Horde job timeout

Hello,

is there something like a timeout for Horde jobs? Sometimes when there are issues, jobs remain running on agents forever and we may notice only days after. I understand that underlying scripts often have own timeouts like Gauntlet but it would be nice to also have some safety net.

Thank you!

Hey there!

Thanks for the question - it’s a good real-world use case for sure. This has been under discussion internally for the time being, as there are many edge cases in how this integrates with some other subsystems. Whilst I can’t speak to when or how this would be implemented, if you’d like to make a local divergence in your Horde server, it should be relatively direct to do so.

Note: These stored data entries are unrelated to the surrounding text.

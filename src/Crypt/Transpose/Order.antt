-- ===== src/Crypt/Transpose/Order.antt =====
-- The order in which the transposition reads the places of a block: each place once.
use linux_0_01raf.Prelude.{
  ℕ, zero, suc, ◌+◌, ◌-◌, ◌%◌, ◌≤◌, ◌<◌, ◌≡◌, ◌∙◌, ap, inl, inr, Bool, true, false, List, [], ◌∷◌,
  ◌++◌, ◌&&◌, arith, ltb, leb, ◌==◌, if◌then◌else◌, Bool-cases,
}
use native.Mathlib.Nat.{mod-eq_of_lt, mod-eq-sub-mod, mod-lt}
use linux_0_01raf.Prelude.Count.{count, count-append, IsPermBelow}

-- the places of one column, from `num` on
unfoldable pub column : ℕ → ℕ → ℕ → ℕ → List ℕ
column gb len zero num = []
column gb len (suc fuel) num = elim (ltb num len) [
  | true ↦ num ∷ column gb len fuel (num + gb)
  | false ↦ []
]

-- the places of all columns, in the order of `index`
unfoldable pub order : ℕ → ℕ → List ℕ → List ℕ
unfolding column
order gb len [] = []
order gb len (num ∷ index) = column gb len len num ++ order gb len index

-- `p` is in the column that starts at `num`
abbrev in_column : ℕ → ℕ → ℕ → ℕ → Bool
in_column gb len num p = ltb p len && (leb num p && ((p - num) % gb == 0))

in_column_step :
    (gb len num p : ℕ)
    → 0 < gb
    → num < len
    → (if num == p then 1 else 0) + (if in_column gb len (num + gb) p then 1 else 0)
      ≡ (if in_column gb len num p then 1 else 0)
in_column_step gb len num p h l = ground (
  arith,
  mod-eq_of_lt {n = p - num} {m = gb},
  mod-eq-sub-mod {n = p - num} {m = gb},
  ap (λ (t : ℕ). t % gb) shift,
)
  where
    shift : p - (num + gb) ≡ p - num - gb
    shift = omega arith

count-column :
    (gb len fuel num p : ℕ)
    → 0 < gb
    → len ≤ num + fuel
    → count p (column gb len fuel num) ≡ (if in_column gb len num p then 1 else 0)
unfolding column
count-column gb len zero num p h f = ground arith
count-column gb len (suc fuel) num p h f = elim (Bool-cases (ltb num len)) [
  | inl more ↦
      rw (more, column)
        (omega (
          arith,
          count-column gb len fuel (num + gb) p h (omega arith),
          in_column_step gb len num p h (ground arith),
        ))
  | inr done ↦ rw (done, column) (ground arith)
]

column_of_shift : (gb c p : ℕ) → c < gb → c ≤ p → (p - c) % gb ≡ 0 → p % gb ≡ c
column_of_shift gb c p h le e = grind arith

shift_of_column : (gb c p : ℕ) → c < gb → p % gb ≡ c → (p - c) % gb ≡ 0
shift_of_column gb c p h e = grind arith

same_column :
    (gb len c p : ℕ)
    → c < gb
    → ◌≡◌ {A = ℕ}
        (if in_column gb len c p then 1 else 0)
        (if ltb p len && (p % gb == c) then 1 else 0)
same_column gb len c p h = ground (arith, column_of_shift gb c p h, shift_of_column gb c p h)

-- the column that starts at `c` holds the places that leave `c` after division
count-column_start :
    (gb len c p : ℕ)
    → c < gb
    → count p (column gb len len c) ≡ (if ltb p len && (p % gb == c) then 1 else 0)
count-column_start gb len c p h =
    count-column gb len len c p (omega arith) (omega arith) ∙ same_column gb len c p h

-- every place of the block is in the order as often as its column is in the index
count-order :
    (gb len p : ℕ) (index : List ℕ)
    → ((c : ℕ) → gb ≤ c → count c index ≡ 0)
    → count p (order gb len index) ≡ (if ltb p len then count (p % gb) index else 0)
unfolding order
count-order gb len p [] h = ground arith
count-order gb len p (c ∷ index) h = ground (
  arith,
  count-append p (column gb len len c) (order gb len index),
  count-column_start gb len c p,
  h c,
  count-order gb len p index (λ k q. ground (arith, h k)),
)

-- With the columns each once in the index, the order holds each place of the block once.
pub order-IsPermBelow :
    (gb len : ℕ) (index : List ℕ)
    → 0 < gb
    → IsPermBelow gb index
    → IsPermBelow len (order gb len index)
order-IsPermBelow gb len index pos h p =
    ground
      (arith, count-order gb len p index (λ c q. ground (arith, h c)), h (p % gb), mod-lt p pos)
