begin_source-Advances :
    (inventory : ℕ) (c : MaterialCommitment)
    → is_active c.state ≡ true
    → Advances c (begin_source inventory c)
unfolding begin_source
begin_source-Advances inventory c active = record {
  identity = refl;
  origin = refl;
  owner = refl;
  market = refl;
  item = refl;
  bounded = refl;
  horizon = refl;
  shrinks = omega arith;
  terminal = λ t. absurd (true≢false active t);
}

terminate-Advances :
    (terminal : MaterialCommitmentState) (c : MaterialCommitment)
    → is_active c.state ≡ true
    → Advances c (terminate terminal c)
unfolding terminate
terminate-Advances terminal c active = record {
  identity = refl;
  origin = refl;
  owner = refl;
  market = refl;
  item = refl;
  bounded = refl;
  horizon = refl;
  shrinks = omega arith;
  terminal = λ t. absurd (true≢false active t);
}

settle_commitment-Advances :
    (f : MaterialFulfillment) (c : MaterialCommitment)
    → is_active c.state ≡ true
    → Advances c (settle_commitment f c)
unfolding settle_commitment
settle_commitment-Advances f c active = elim (Bool-cases (c.remaining_quantity - f.quantity == 0)) [
  | inl e ↦ rw e (record {
    identity = refl;
    origin = refl;
    owner = refl;
    market = refl;
    item = refl;
    bounded = refl;
    horizon = refl;
    shrinks = omega arith;
    terminal = λ t. absurd (true≢false active t);
  })
  | inr e ↦ rw e (record {
    identity = refl;
    origin = refl;
    owner = refl;
    market = refl;
    item = refl;
    bounded = refl;
    horizon = refl;
    shrinks = omega arith;
    terminal = λ t. absurd (true≢false active t);
  })
]

fulfill_each-Evolves :
    (fs : List MaterialFulfillment) (seen : List Text) (cs ds : List MaterialCommitment)
    → fulfill_each fs seen cs ≡ ok ds
    → Evolves cs ds
unfolding fulfill_each
fulfill_each-Evolves [] seen cs ds h = subst (Evolves cs) (same h) (Evolves-refl cs)
  where
    same : ok cs ≡ ok ds → cs ≡ ds
    same e = cc
fulfill_each-Evolves (f ∷ fs) seen cs ds h =
    let (c, e, h₁) = >>=-eq-ok _ _ h in
    let (_, h₂) = test-eq-ok _ _ h₁ in
    let (found, active, _, _) = active_commitment-eq-ok cs _ _ seen c e in
    Evolves-trans cs _ ds
      (update-Evolves _ (settle_commitment f) cs c found (settle_commitment-Advances f c active))
      (fulfill_each-Evolves fs _ _ ds h₂)

check_starts-update :
    (a : Text) (f : MaterialCommitment → MaterialCommitment) (cs : List MaterialCommitment)
    (starts : List MaterialSourceStart) (seen : List Text)
    → ((c : MaterialCommitment) → (f c).identity ≡ c.identity)
    → contains a seen ≡ true
    → check_starts cs starts seen ≡ ok tt
    → check_starts (update_commitment a f cs) starts seen ≡ ok tt
unfolding check_starts
check_starts-update a f cs [] seen k met h = refl
check_starts-update a f cs (s ∷ ss) seen k met h =
    let (c, e, h₁) = >>=-eq-ok _ _ h in
    let (t, h₂) = fail_if-eq-ok _ _ _ h₁ in
    let (_, _, unmet, _) = active_commitment-eq-ok cs _ _ seen c e in
    let ne = contains_ne a s.commitment_identity seen met unmet in
    let rest = check_starts-update a f cs ss (s.commitment_identity ∷ seen) k (still met) h₂ in
    rw (active_commitment-update a s.commitment_identity f cs _ seen k ne, e, >>=-ok)
      (rw (t, fail_if-false) rest)
  where
    still : contains a seen ≡ true → (a == s.commitment_identity || contains a seen) ≡ true
    still m = ground arith

start_each-Evolves :
    (starts : List MaterialSourceStart) (seen : List Text) (cs : List MaterialCommitment)
    → check_starts cs starts seen ≡ ok tt
    → Evolves cs (start_each starts cs)
unfolding check_starts start_each
start_each-Evolves [] seen cs h = Evolves-refl cs
start_each-Evolves (s ∷ ss) seen cs h =
    let (c, e, h₁) = >>=-eq-ok _ _ h in
    let (_, h₂) = fail_if-eq-ok _ _ _ h₁ in
    let (found, active, _, _) = active_commitment-eq-ok cs _ _ seen c e in
    let f = begin_source s.starting_inventory_quantity in
    let rest =
      check_starts-update s.commitment_identity f cs ss (s.commitment_identity ∷ seen)
        (λ d. unfold begin_source in refl) (met s.commitment_identity) h₂ in
    Evolves-trans cs _ _
      (update-Evolves _ f cs c found (begin_source-Advances s.starting_inventory_quantity c active))
      (start_each-Evolves ss (s.commitment_identity ∷ seen) _ rest)
  where
    met : (t : Text) → (t == t || contains t seen) ≡ true
    met t = rw ((text_eq.equals_iff t t).1 refl)

check_terminations-update :
    (a : Text) (f : MaterialCommitment → MaterialCommitment) (cs : List MaterialCommitment)
    (ids : List Text) (seen : List Text)
    → ((c : MaterialCommitment) → (f c).identity ≡ c.identity)
    → contains a seen ≡ true
    → check_terminations cs ids seen ≡ ok tt
    → check_terminations (update_commitment a f cs) ids seen ≡ ok tt
unfolding check_terminations
check_terminations-update a f cs [] seen k met h = refl
check_terminations-update a f cs (b ∷ ids) seen k met h =
    let (c, e, h₁) = >>=-eq-ok _ _ h in
    let (_, _, unmet, _) = active_commitment-eq-ok cs _ _ seen c e in
    let ne = contains_ne a b seen met unmet in
    let rest = check_terminations-update a f cs ids (b ∷ seen) k (still met) h₁ in
    rw (active_commitment-update a b f cs _ seen k ne, e, >>=-ok) rest
  where
    still : contains a seen ≡ true → (a == b || contains a seen) ≡ true
    still m = ground arith

terminate_each-Evolves :
    (terminal : MaterialCommitmentState) (ids seen : List Text) (cs : List MaterialCommitment)
    → check_terminations cs ids seen ≡ ok tt
    → Evolves cs (terminate_each terminal ids cs)
unfolding check_terminations terminate_each
terminate_each-Evolves terminal [] seen cs h = Evolves-refl cs
terminate_each-Evolves terminal (b ∷ ids) seen cs h =
    let (c, e, h₁) = >>=-eq-ok _ _ h in
    let (found, active, _, _) = active_commitment-eq-ok cs _ _ seen c e in
    let f = terminate terminal in
    let rest =
      check_terminations-update b f cs ids (b ∷ seen) (λ d. unfold terminate in refl) met h₁ in
    Evolves-trans cs _ _ (update-Evolves b f cs c found (terminate-Advances terminal c active))
      (terminate_each-Evolves terminal ids (b ∷ seen) _ rest)
  where
    met : (b == b || contains b seen) ≡ true
    met = rw ((text_eq.equals_iff b b).1 refl)

-- The commitments of two books, of which the second comes from the first.
abbrev Grows : MaterialCommitmentStartup → MaterialCommitmentStartup → Type 0
Grows s t = Evolves s.commitments t.commitments

Grows-of :
    (s : MaterialCommitmentStartup) {t u : MaterialCommitmentStartup}
    → ok t ≡ ok u
    → Grows s t
    → Grows s u
Grows-of s {t} {u} e g = subst (Grows s) (same e) g
  where
    same : ok t ≡ ok u → t ≡ u
    same h = cc

start_sources-Evolves :
    (s : MaterialCommitmentStartup) (c : MaterialCommitmentCommand) (t : MaterialCommitmentStartup)
    → start_sources s c ≡ ok t
    → Grows s t
unfolding start_sources
start_sources-Evolves s c t h =
    let (_, h₁) = fail_if-eq-ok _ _ _ h in
    let (checked, h₂) = test-eq-ok _ _ h₁ in
    Grows-of s h₂ (start_each-Evolves c.source_starts [] s.commitments checked)

fulfill_commitments-Evolves :
    (s : MaterialCommitmentStartup) (c : MaterialCommitmentCommand) (t : MaterialCommitmentStartup)
    → fulfill_commitments s c ≡ ok t
    → Grows s t
unfolding fulfill_commitments
fulfill_commitments-Evolves s c t h =
    let (_, h₁) = fail_if-eq-ok _ _ _ h in
    let (ds, e, h₂) = >>=-eq-ok _ _ h₁ in
    Grows-of s h₂ (fulfill_each-Evolves c.fulfillments [] s.commitments ds e)

terminate_commitments-Evolves :
    (s : MaterialCommitmentStartup) (ids : List Text) (terminal : MaterialCommitmentState)
    (t : MaterialCommitmentStartup)
    → terminate_commitments s ids terminal ≡ ok t
    → Grows s t
unfolding terminate_commitments
terminate_commitments-Evolves s ids terminal t h =
    let (_, h₁) = fail_if-eq-ok _ _ _ h in
    let (checked, h₂) = test-eq-ok _ _ h₁ in
    Grows-of s h₂ (terminate_each-Evolves terminal ids [] s.commitments checked)

admit_requirements-Evolves :
    (command : MaterialCommitmentCommand) (candidate : MaterialAdmissionCandidate)
    (intent : MaterialIntent) (rs : List MaterialRequirement) (a b : Admitting)
    → admit_requirements command candidate intent rs a ≡ ok b
    → Grows a.state b.state
unfolding admit_requirements
admit_requirements-Evolves command candidate intent [] a b h =
    subst (λ (x : Admitting). Grows a.state x.state) (same h) (Evolves-refl a.state.commitments)
  where
    same : ok a ≡ ok b → a ≡ b
    same e = cc
admit_requirements-Evolves command candidate intent (r ∷ rs) a b h =
    let (_, h₁) = fail_if-eq-ok _ _ _ h in
    let (_, _, h₂) = >>=-eq-ok _ _ h₁ in
    let (_, _, h₃) = >>=-eq-ok _ _ h₂ in
    Evolves-trans a.state.commitments _ b.state.commitments (Evolves-append a.state.commitments _)
      (admit_requirements-Evolves command candidate intent rs _ b h₃)

take_horizon-commitments :
    (s : MaterialCommitmentStartup) (candidate : MaterialAdmissionCandidate)
    → (take_horizon s candidate.origin_identity (first_path candidate.source_paths)).commitments
      ≡ s.commitments
unfolding take_horizon
take_horizon-commitments s candidate = ground arith

admit_each-Evolves :
    (command : MaterialCommitmentCommand) (cs : List MaterialAdmissionCandidate) (a b : Admitting)
    → admit_each command cs a ≡ ok b
    → Grows a.state b.state
unfolding admit_each
admit_each-Evolves command [] a b h =
    subst (λ (x : Admitting). Grows a.state x.state) (same h) (Evolves-refl a.state.commitments)
  where
    same : ok a ≡ ok b → a ≡ b
    same e = cc
admit_each-Evolves command (c ∷ cs) a b h =
    let (intent, _, h₁) = >>=-eq-ok _ _ h in
    let (a', e, h₂) = >>=-eq-ok _ _ h₁ in
    let first = admit_requirements-Evolves command c intent intent.requirements _ a' e in
    Evolves-trans a.state.commitments a'.state.commitments b.state.commitments
      (subst (λ ds. Evolves ds a'.state.commitments) (take_horizon-commitments a.state c) first)
      (admit_each-Evolves command cs a' b h₂)
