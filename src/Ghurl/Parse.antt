-- ===== src/Ghurl/Parse.antt =====
-- internal/ghurl/ghurl.go: `Parse` and `ParseWithDefaults`. `none` is `ErrNoMatch`.
use gh_proxy.Base.{
  Bool, not, ◌&&◌, ◌||◌, Option, none, some, List, [], ◌∷◌, ◌++◌, if◌then◌else◌, ◌>>=◌, Bytes,
  codes, same, is_empty, or_else,
}
use gh_proxy.GoLib.Strings.{Unicode, contains_any, trim_prefix}
use gh_proxy.GoLib.Url
use gh_proxy.GoLib.Url.{Url, escaped_path}
use gh_proxy.Ghurl.Target.{Target, match, known_host}
use gh_proxy.Ghurl.Repair.{repair_scheme}

-- What `prepare` makes of a parsed URL.
unfoldable pub normalize : Url → Option Url
normalize u =
    if not (same u.scheme (codes "http")) && not (same u.scheme (codes "https"))
    then none
    else some (record u { user = none; scheme = codes "https" })

unfoldable pub prepare : ⦃c : Unicode⦄ → Bytes → Option Url
unfolding repair_scheme Url.parse normalize
prepare raw = Url.parse (repair_scheme raw) >>= normalize

-- `namesAHost`
unfoldable pub names_a_host : ⦃c : Unicode⦄ → Url → Bool
unfolding known_host
names_a_host u = known_host u || contains_any u.host (codes ".:")

unfoldable pub hostless : Url → Bytes
unfolding escaped_path trim_prefix
hostless u =
    let s = u.host ++ escaped_path u in
    let full = if is_empty u.raw_query then s else s ++ (b'?' ∷ u.raw_query) in
    trim_prefix full (codes "/")

-- One default host.
unfoldable pub try_default : ⦃c : Unicode⦄ → Url → Bytes → Option Target
unfolding prepare hostless match
try_default u h = do u2 ← prepare (h ++ (b'/' ∷ hostless u)); (match u2).0

-- The loop over the default hosts.
unfoldable pub try_defaults : ⦃c : Unicode⦄ → Url → List Bytes → Option Target
unfolding try_default
try_defaults u [] = none
try_defaults u (h ∷ hs) = or_else (try_default u h) (try_defaults u hs)

-- `ParseWithDefaults` behind its first `match`, whose result and whose URL these are.
unfoldable pub fall_back : ⦃c : Unicode⦄ → List Bytes → Option Target × Url → Option Target
unfolding names_a_host try_defaults
fall_back defaults (some t, u) = some t
fall_back defaults (none, u) = if names_a_host u then none else try_defaults u defaults

unfoldable pub parse_with_defaults : ⦃c : Unicode⦄ → Bytes → List Bytes → Option Target
unfolding prepare match fall_back
parse_with_defaults raw defaults = do u ← prepare raw; fall_back defaults (match u)

unfoldable pub parse : ⦃c : Unicode⦄ → Bytes → Option Target
unfolding parse_with_defaults
parse raw = parse_with_defaults raw []
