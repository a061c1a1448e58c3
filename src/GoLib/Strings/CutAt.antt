-- ===== src/GoLib/Strings/CutAt.antt =====
-- Laws of `strings.Cut` at a substring.
use gh_proxy.Base.{
  ℕ, ◌≤◌, none, some, [], ◌∷◌, ◌++◌, ◌≡◌, sym, ap, ◌∙◌, arith, inl, inr, Option-cases, Bytes,
  length, some_inj,
}
use gh_proxy.GoLib.Strings.{cut_prefix, cut_at}
use gh_proxy.GoLib.Strings.Cut.{cut_prefix-append, append-cut_prefix}

-- The text is its first part, the separator and the rest, and the separator stands in no earlier place.
pub record IsCutAt (sep s before after : Bytes) : Type 0 where
  pub split : s ≡ before ++ (sep ++ after)
  pub first : (b a : Bytes) → s ≡ b ++ (sep ++ a) → length before ≤ length b

-- The separator stands nowhere in the text.
abbrev pub IsApart : Bytes → Bytes → Type 0
IsApart sep s = (b a : Bytes) → s ≡ b ++ (sep ++ a) → ⊥

tail_lem : {c d : ℕ} {s t : Bytes} → c ∷ s ≡ d ∷ t → s ≡ t
tail_lem e = cc

-- A text that does not start with the separator has it in its rest, or nowhere.
not_first : (sep s a : Bytes) → cut_prefix s sep ≡ none → s ≡ sep ++ a → ⊥
not_first sep s a e h = clash (sym e ∙ (ap (λ x. cut_prefix x sep) h ∙ append-cut_prefix sep a))
  where
    clash : {x : Bytes} → none ≡ some x → ⊥
    clash k = cc

pub cut_at-IsApart : (sep s : Bytes) → cut_at sep s ≡ none → IsApart sep s
unfolding cut_at
cut_at-IsApart sep [] h [] a e = elim (Option-cases (cut_prefix [] sep)) [
  | inl k ↦ not_first sep [] a k e
  | inr (r, k) ↦ absurd (some_none (rw (k, cut_at) at h))
]
  where
    some_none : {x : Bytes × Bytes} → some x ≡ none → ⊥
    some_none k = cc
cut_at-IsApart sep [] h (x ∷ b) a e = absurd cc
cut_at-IsApart sep (c ∷ s) h b a e = elim (Option-cases (cut_prefix (c ∷ s) sep)) [
  | inr (r, k) ↦ absurd (some_none (rw (k, cut_at) at h))
  | inl k ↦ elim (Option-cases (cut_at sep s)) [
    | inr (r, m) ↦ absurd (some_none (rw (k, m, cut_at) at h))
    | inl m ↦ within k (cut_at-IsApart sep s m) b e
  ]
]
  where
    some_none : {x : Bytes × Bytes} → some x ≡ none → ⊥
    some_none k = cc

    within :
        cut_prefix (c ∷ s) sep ≡ none → IsApart sep s → (b : Bytes) → c ∷ s ≡ b ++ (sep ++ a) → ⊥
    within k apart [] f = not_first sep (c ∷ s) a k f
    within k apart (x ∷ b) f = apart b a (tail_lem f)

pub cut_at-IsCutAt :
    (sep s : Bytes) {before after : Bytes}
    → cut_at sep s ≡ some (before, after)
    → IsCutAt sep s before after
unfolding cut_at
cut_at-IsCutAt sep [] {before} {after} h = elim (Option-cases (cut_prefix [] sep)) [
  | inl k ↦ absurd (nothing (rw (k, cut_at) at h))
  | inr (r, k) ↦
      let made = some_inj (rw (k, cut_at) at h) in
      record {
        split = cut_prefix-append [] sep k ∙ (λ i. (made i).0 ++ (sep ++ (made i).1));
        first = λ b a e. let front : [] ≡ before = λ i. (made i).0 in rw (← front) (omega arith);
      }
]
  where
    nothing : {x : Bytes × Bytes} → none ≡ some x → ⊥
    nothing k = cc
cut_at-IsCutAt sep (c ∷ s) {before} {after} h = elim (Option-cases (cut_prefix (c ∷ s) sep)) [
  | inr (r, k) ↦
      let made = some_inj (rw (k, cut_at) at h) in
      record {
        split = cut_prefix-append (c ∷ s) sep k ∙ (λ i. (made i).0 ++ (sep ++ (made i).1));
        first = λ b a e. let front : [] ≡ before = λ i. (made i).0 in rw (← front) (omega arith);
      }
  | inl k ↦ elim (Option-cases (cut_at sep s)) [
    | inl m ↦ absurd (nothing (rw (k, m, cut_at) at h))
    | inr ((b0, a0), m) ↦
        let made = some_inj (rw (k, m, cut_at) at h) in
        let inner = cut_at-IsCutAt sep s m in
        record {
          split = ap (◌∷◌ c) inner.split ∙ (λ i. (made i).0 ++ (sep ++ (made i).1));
          first = λ b a e.
              let front : c ∷ b0 ≡ before = λ i. (made i).0 in
              rw (← front) (earlier k b0 (λ b a. inner.first b a) b a e);
        }
  ]
]
  where
    nothing : {x : Bytes × Bytes} → none ≡ some x → ⊥
    nothing k = cc

    earlier :
        cut_prefix (c ∷ s) sep ≡ none
        → (b0 : Bytes) → ((b a : Bytes) → s ≡ b ++ (sep ++ a) → length b0 ≤ length b)
        → (b a : Bytes) → c ∷ s ≡ b ++ (sep ++ a)
        → length (c ∷ b0) ≤ length b
    earlier k b0 inner [] a f = absurd (not_first sep (c ∷ s) a k f)
    earlier k b0 inner (x ∷ b) a f = let shorter = inner b a (tail_lem f) in omega (arith, shorter)
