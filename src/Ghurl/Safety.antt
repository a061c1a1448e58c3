-- ===== src/Ghurl/Safety.antt =====
-- internal/ghurl/ghurl.go as the boundary against request forgery: what a target is, whatever the
-- request target says and whatever hosts are configured as defaults.
mod Hosts
pub mod Boundary
use gh_proxy.Base.{
  ℕ, Bool, true, false, not, ◌&&◌, ◌||◌, Option, none, some, List, [], ◌∷◌, ◌++◌, ◌≡◌, ◌≢◌, refl,
  ap, sym, ◌∙◌, map, arith, ◌==◌, if◌then◌else◌, ◌>>=◌, >>=-eq-some, ◌⊎◌, inl, inr, Bool-cases,
  Option-cases, Bytes, All, codes, same, same_iff, or_else, List-cases, some_inj,
}
use gh_proxy.GoLib.Strings.{Unicode, to_lower, cut_at}
use gh_proxy.GoLib.Strings.CutAt.{IsCutAt, IsApart}
use gh_proxy.GoLib.Url
use gh_proxy.GoLib.Url.{Url, hostname, escaped_path}
use gh_proxy.Ghurl.Matchers.{
  Kind, invalid, release, blob, git, tags, raw, gist, owner_repo, owner_repo_if, first_segment,
  match_release, match_blob, match_git, match_tags, match_raw, match_gist,
}
use gh_proxy.Ghurl.Shape.{Shape}
use gh_proxy.Ghurl.Shape.Decide.{matcher, captures, matcher_iff}
use gh_proxy.Ghurl.Target.{
  Target, Candidate, github_candidates, raw_candidates, gist_candidates, host_candidates,
  first_match, new_target, rewrite_blob_to_raw, finish_target, match, second,
}
use gh_proxy.Ghurl.Parse.{
  normalize, prepare, try_default, try_defaults, fall_back, names_a_host, hostless,
  parse_with_defaults,
}
use gh_proxy.Ghurl.Repair.{repair_scheme}

-- The hosts on which a kind of URL lives.
abbrev pub Serves : Kind → Bytes → Type 0
Serves raw h = (h ≡ codes "raw.githubusercontent.com") ⊎ (h ≡ codes "raw.github.com")
Serves gist h = (h ≡ codes "gist.github.com") ⊎ (h ≡ codes "gist.githubusercontent.com")
Serves invalid h = ⊥
Serves _ h = h ≡ codes "github.com"

-- What the path of a blob URL is fetched as: the escaped path with its first `/blob/` turned into
-- `/raw/`, as the URL parser reads it; a path without one, or that is no path then, stays.
abbrev pub IsRaw : ⦃c : Unicode⦄ → Url → Url → Type 0
IsRaw u0 u =
    ((before after : Bytes) × IsCutAt (codes "/blob/") (escaped_path u0) before after
      × (((parsed : Url) × (Url.parse (before ++ (codes "/raw/" ++ after)) ≡ some parsed)
            × (u ≡ record u0 { path = parsed.path; raw_path = parsed.raw_path }))
          ⊎ ((Url.parse (before ++ (codes "/raw/" ++ after)) ≡ none) × (u ≡ u0))))
    ⊎ (IsApart (codes "/blob/") (escaped_path u0) × (u ≡ u0))

-- The path of a target's URL: that of its kind, for a blob fetched raw.
abbrev pub HasPath : ⦃c : Unicode⦄ → Kind → Url → Bytes → Bytes → Type 0
HasPath blob u o r = (u0 : Url) × Shape blob u0.path o r × IsRaw u0 u
HasPath k u o r = Shape k u.path o r

-- A request that the proxy may send.
pub record IsForwardable ⦃c : Unicode⦄ (t : Target) : Type 0 where
  pub https : t.url.scheme ≡ codes "https"
  pub no_user : t.url.user ≡ none
  pub host_known : Serves t.kind t.url.host
  pub path_known : HasPath t.kind t.url t.owner t.repo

For the source code at JobExecutor.cs

using CancellationTokenSource combined = CancellationTokenSource.CreateLinkedTokenSource(cancellationToken, stepCancellationToken); try { combined .CancelAfter(TimeSpan.FromSeconds(SOME_LONG_DURATION)); JobStepOutcome stepOutcome = await RunAsync(step, stepLogger, combined.Token); return (stepOutcome, JobStepState.Completed); }There are of course serious limitations to this in that you’ll need to answer what is a meaningful duration.

At least with this you should be able to cancel a step should it hang for some extended duration.

Kind regards,

Julian

Thanks a lot Julian for considering the request and also providing possible solution. I will look into implementing it.